その後の愛憎
俺は横たわる女の頬を叩く。まだ息はあるが、返事はできなくなっているようだ。
「あばよ。わがままなお嬢さん」
俺の人生を滅茶苦茶にしてくれた、自分の事だけが大切な怪物。
こんな女は死んだ方が世のためだ。
ふうと深く息を吐いてから、俺は良き夫の仮面を被った。
「ああ、誰か来てくれ! 妻の様子がおかしいんだ」
手当の甲斐なく妻は亡くなった。
舅の嘆きは深く、立派な葬儀が行われた。俺はしおらしく悲しんで見せた。
赤ん坊は乳母が世話をしている。
一段落した頃、舅である公に呼び出された。
そろそろ屋敷を出て行けと言う話だろうか。
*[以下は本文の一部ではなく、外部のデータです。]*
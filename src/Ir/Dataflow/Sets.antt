-- ===== src/Ir/Dataflow/Sets.antt =====
-- What the dictionaries of sets of `_build_data_overlays` (scanner/src/aegify/ir/program_graph.py)
-- hold after an update, a merge or a definition.
use aegify.Base.{
  ◌≡◌, refl, subst, sym, Bool, true, false, ◌&&◌, ◌||◌, String, Option, none, some, List, [], ◌∷◌,
  ◌++◌, arith, any, all, eq_iff, if◌then◌else◌, str_eq, str_mem, lookup, insert, lookup-insert,
  keys, Bool-cases, inl, inr, Dict,
}
use aegify.Ir.Dataflow.Definitions.{
  Reaching, set_or_empty, defs_of, at, update, merge_keys, merge_all, define, same_keys, same_at,
  is_key, same_dict,
}

-- The node `x` is in the set of the variable `v`.
abbrev pub holds : String → String → Reaching → Bool
holds x v d = str_mem x (defs_of v d)

str_mem-append :
    (x : String) (s t : List String) → str_mem x (s ++ t) ≡ (str_mem x s || str_mem x t)
str_mem-append x [] t = refl
str_mem-append x (y ∷ s) t = ground (arith, str_mem-append x s t)

pub str_mem-update :
    (x : String) (s xs : List String) → str_mem x (update s xs) ≡ (str_mem x s || str_mem x xs)
unfolding update
str_mem-update x s [] = ground arith
str_mem-update x s (y ∷ ys) = elim (Bool-cases (str_mem y s)) [
  | inl e ↦ rw e (ground (arith, eq_iff x y, str_mem-update x s ys))
  | inr e ↦ rw e (ground (arith, str_mem-update x (s ++ y ∷ []) ys, str_mem-append x s (y ∷ [])))
]

holds-insert :
    (x v w : String) (s : List String) (d : Reaching)
    → holds x w (insert v s d) ≡ (if str_eq v w then str_mem x s else holds x w d)
holds-insert x v w s d =
    rw (lookup-insert v w s d)
      (elim (Bool-cases (str_eq v w)) [ inl e ↦ rw e refl | inr e ↦ rw e refl ])

holds-merge_keys :
    (x w : String) (vs : List String) (d merged : Reaching)
    → holds x w (merge_keys vs d merged) ≡ (holds x w merged || str_mem w vs && holds x w d)
unfolding merge_keys
holds-merge_keys x w [] d merged = ground arith
holds-merge_keys x w (v ∷ vs) d merged =
    rw
      (
        holds-merge_keys x w vs d (insert v (update (defs_of v merged) (defs_of v d)) merged),
        holds-insert x v w (update (defs_of v merged) (defs_of v d)) merged,
        str_mem-update x (defs_of v merged) (defs_of v d),
      )
      (elim (Bool-cases (str_eq v w)) [
        | inl e ↦ let p : v ≡ w = (eq_iff v w).0 e in ground (arith, eq_iff w v)
        | inr e ↦ ground (arith, eq_iff w v, eq_iff v w)
      ])

keys-holds : (x w : String) (d : Reaching) → holds x w d ≡ true → str_mem w (keys d) ≡ true
keys-holds x w [] h = absurd (cc)
keys-holds x w ((v, s) ∷ d) h = ground (arith, eq_iff v w, eq_iff w v, keys-holds x w d)

pub holds-merge_all :
    (x w : String) (ps : List String) (out_defs : Dict Reaching) (merged : Reaching)
    → holds x w (merge_all ps out_defs merged)
      ≡ (holds x w merged || any (λ p. holds x w (at p out_defs)) ps)
unfolding merge_all
holds-merge_all x w [] out_defs merged = ground arith
holds-merge_all x w (p ∷ ps) out_defs merged =
    rw
      (
        holds-merge_all x w ps out_defs (merge_keys (keys (at p out_defs)) (at p out_defs) merged),
        holds-merge_keys x w (keys (at p out_defs)) (at p out_defs) merged,
      )
      (elim (Bool-cases (holds x w (at p out_defs))) [
        | inl h ↦
            let k : str_mem w (keys (at p out_defs)) ≡ true = keys-holds x w (at p out_defs) h in
            rw (h, k) (ground arith)
        | inr h ↦ rw h (ground arith)
      ])

pub holds-define :
    (x w n : String) (vs : List String) (d : Reaching)
    → holds x w (define n vs d) ≡ (if str_mem w vs then str_eq x n else holds x w d)
unfolding define
holds-define x w n [] d = refl
holds-define x w n (v ∷ vs) d =
    rw (holds-define x w n vs (insert v (n ∷ []) d), holds-insert x v w (n ∷ []) d)
      (ground (arith, eq_iff w v, eq_iff v w))

both : (a b : Bool) → (a ≡ true → b ≡ true) → (b ≡ true → a ≡ true) → a ≡ b
both true b f g = sym (f refl)
both false true f g = g refl
both false false f g = refl

all_mem :
    (s t : List String) (x : String)
    → all (λ y. str_mem y t) s ≡ true
    → str_mem x s ≡ true
    → str_mem x t ≡ true
all_mem [] t x h m = absurd (cc)
all_mem (y ∷ s) t x h m = ground (arith, eq_iff x y, all_mem s t x)

same_keys_at :
    (vs : List String) (d e : Reaching) (v : String)
    → same_keys vs d e ≡ true
    → str_mem v vs ≡ true
    → same_at (lookup v e) (defs_of v d) ≡ true
same_keys_at [] d e v h m = absurd (cc)
same_keys_at (w ∷ vs) d e v h m = elim (Bool-cases (str_eq v w)) [
  | inl p ↦
      let same : w ≡ v = sym ((eq_iff v w).0 p) in
      subst (λ u. same_at (lookup u e) (defs_of u d) ≡ true) same (ground arith)
  | inr p ↦ same_keys_at vs d e v (ground arith) (ground arith)
]

same_at_forth :
    (x : String) (o : Option (List String)) (s : List String)
    → same_at o s ≡ true
    → str_mem x s ≡ str_mem x (set_or_empty o)
same_at_forth x none s h = absurd (cc)
same_at_forth x (some t) s h =
    both (str_mem x s) (str_mem x t) (λ m. all_mem s t x (ground arith) m)
      (λ m. all_mem t s x (ground arith) m)

key_lookup : (w : String) (d : Reaching) → is_key (lookup w d) ≡ true → str_mem w (keys d) ≡ true
key_lookup w [] h = absurd (cc)
key_lookup w ((v, s) ∷ d) h = ground (arith, eq_iff v w, eq_iff w v, key_lookup w d)

all_key :
    (vs : List String) (d : Reaching) (w : String)
    → all (λ v. is_key (lookup v d)) vs ≡ true
    → str_mem w vs ≡ true
    → is_key (lookup w d) ≡ true
all_key [] d w h m = absurd (cc)
all_key (v ∷ vs) d w h m = ground (arith, eq_iff w v, all_key vs d w)

-- Dictionaries that compare equal hold the same definitions.
pub holds-same_dict :
    (x w : String) (d e : Reaching) → same_dict d e ≡ true → holds x w d ≡ holds x w e
unfolding same_dict
holds-same_dict x w d e h = elim (Bool-cases (str_mem w (keys d))) [
  | inl k ↦
      same_at_forth x (lookup w e) (defs_of w d) (same_keys_at (keys d) d e w (ground arith) k)
  | inr k ↦
      both (holds x w d) (holds x w e) (λ m. absurd (cc (k, keys-holds x w d m)))
        (λ m.
          absurd
            (cc (k, key_lookup w d (all_key (keys e) d w (ground arith) (keys-holds x w e m)))))
]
予想どおり、「共に赤ん坊を育てていこう」などと言われることはなく、俺はすることもなく日々を過ごしていた。今までは、お茶に買い物に外出に……本当に男妾のような生活を強いられてきたのだな。
その部屋は香が焚きしめられていた。むせかえるようだ。
道士がいて、大きな水晶玉と一抱えあるような壺を並べている。
「お前には、出ていく前に一仕事をしてもらう」
「なんでしょうか」
俺は頭を軽く下げ、顔の前で手のひらを上下に重ねて、敬意を表す。
「お前の魂を使い、時を巻き戻す。
お前と出会わなければ、あの子は儂の選んだ男と結婚するだろう。手塩にかけた娘が不幸になることを望む親などいない」
公は表情を消して、そんなことを言った。
あいつが死んだのに、まだ俺を振り回すつもりか。
「それなら……私との結婚を諦めるように説得してくださればよかったではないですか!」
礼儀を忘れて、俺は叫んだ。
「なぜだ? あの子の望みを叶えるのが最優先だ。私にはあの子を幸せにする義務がある」
傲岸不遜な態度で、公は俺を睥睨した。
俺は目眩を覚えて、膝をついた。
「やっと香が効いてきたか」
「安心しろ。お前の幼なじみもこの壺の中だ。お前たちは、この中で混じり合う。喜ぶがいいぞ」
道士がにやりと口の端を吊り上げた。
舅は涙を流しながら、棍棒で殴りかかってきた。先が太く、害獣を叩きのめすために使っているのを見かけたことがある。
恐怖と痛み。叫んでも、この屋敷に俺の味方など一人もいない。
「郡公。殴らなくても、もうその男は動けません。術で魂を抜きますから……」
道士が話しかけても、舅は答えない。鈍い打撃音が部屋にこもる。
道士は諦めて、何かを唱え始めた。陰鬱な声だ。
こうして、俺も殺された。
私は、なぜ自分が巻き戻ったのかを知らない。
気がついたら、夫となる男と出会う前に戻っていた。
私を殺したあの男を探したが、どうしても見つからない。
父に人探しをお願いしたが、進展がない。なにせ、なぜ探しているかを説明できないし、絵姿もないのだ。
無茶なことを言っているのは理解しているが、忘れて生きるというのは難しい。
出会わなかったことにして生きていく? そんな選択肢は、私の中になかった。
私にできることは男の生家のあたりをうろつくことくらいだった。
その家の使用人に銅銭を握らせたが、そんな男はいないと言われてしまった。そんなはずはない。
男の幼なじみの家にも行った。親同士の仲が良いので行き来はあるが、釣り合う年頃の子どもはいないという。あの忌々しい女もいないのかしら。
こうなってくると死に戻ったなんて、私の妄想かもしれないと不安になってくる。
けれど、私の腹には殴られた跡が、痣になって残っている。
彼を一目見て、愛しい方が強いのか、憎しみの方が強いのか確かめたい。
あれほど憎まれていると知っていたら、別の愛で方ができるかもしれない。
私は自分が屈辱の涙を流すことを想像して、ぶるりと震える。それも、また甘美……少しだけ、そんな予感がするのよ。
本気の憎悪をぶつけられて、ぞくぞくした。あんなに情熱的な人だとは思わなかった。
みすぼらしい幼なじみの女とは、人の良さそうな温い雰囲気を出していたから、私もそれに合わせていたのよ。
彼はあの女の前でも本性を隠していたのね。それを誰にも気付かせないとは、なかなかやるわ。
今度こそ、本当のあなたを見せて。
あの短い時間で、あんなに興奮したのですもの。次はもっと長く……いえ、もっといろいろな顔を見たいわ。
温く愛されるより激しく憎まれる方が、魂が繋がっている気がしない?
私の中では、彼に対する愛憎のどちらが強いのかしら。こうして想像しているだけでは、わからないわ。
ああ、早く見つけなければ。
そうして、今度こそ――私のものにする。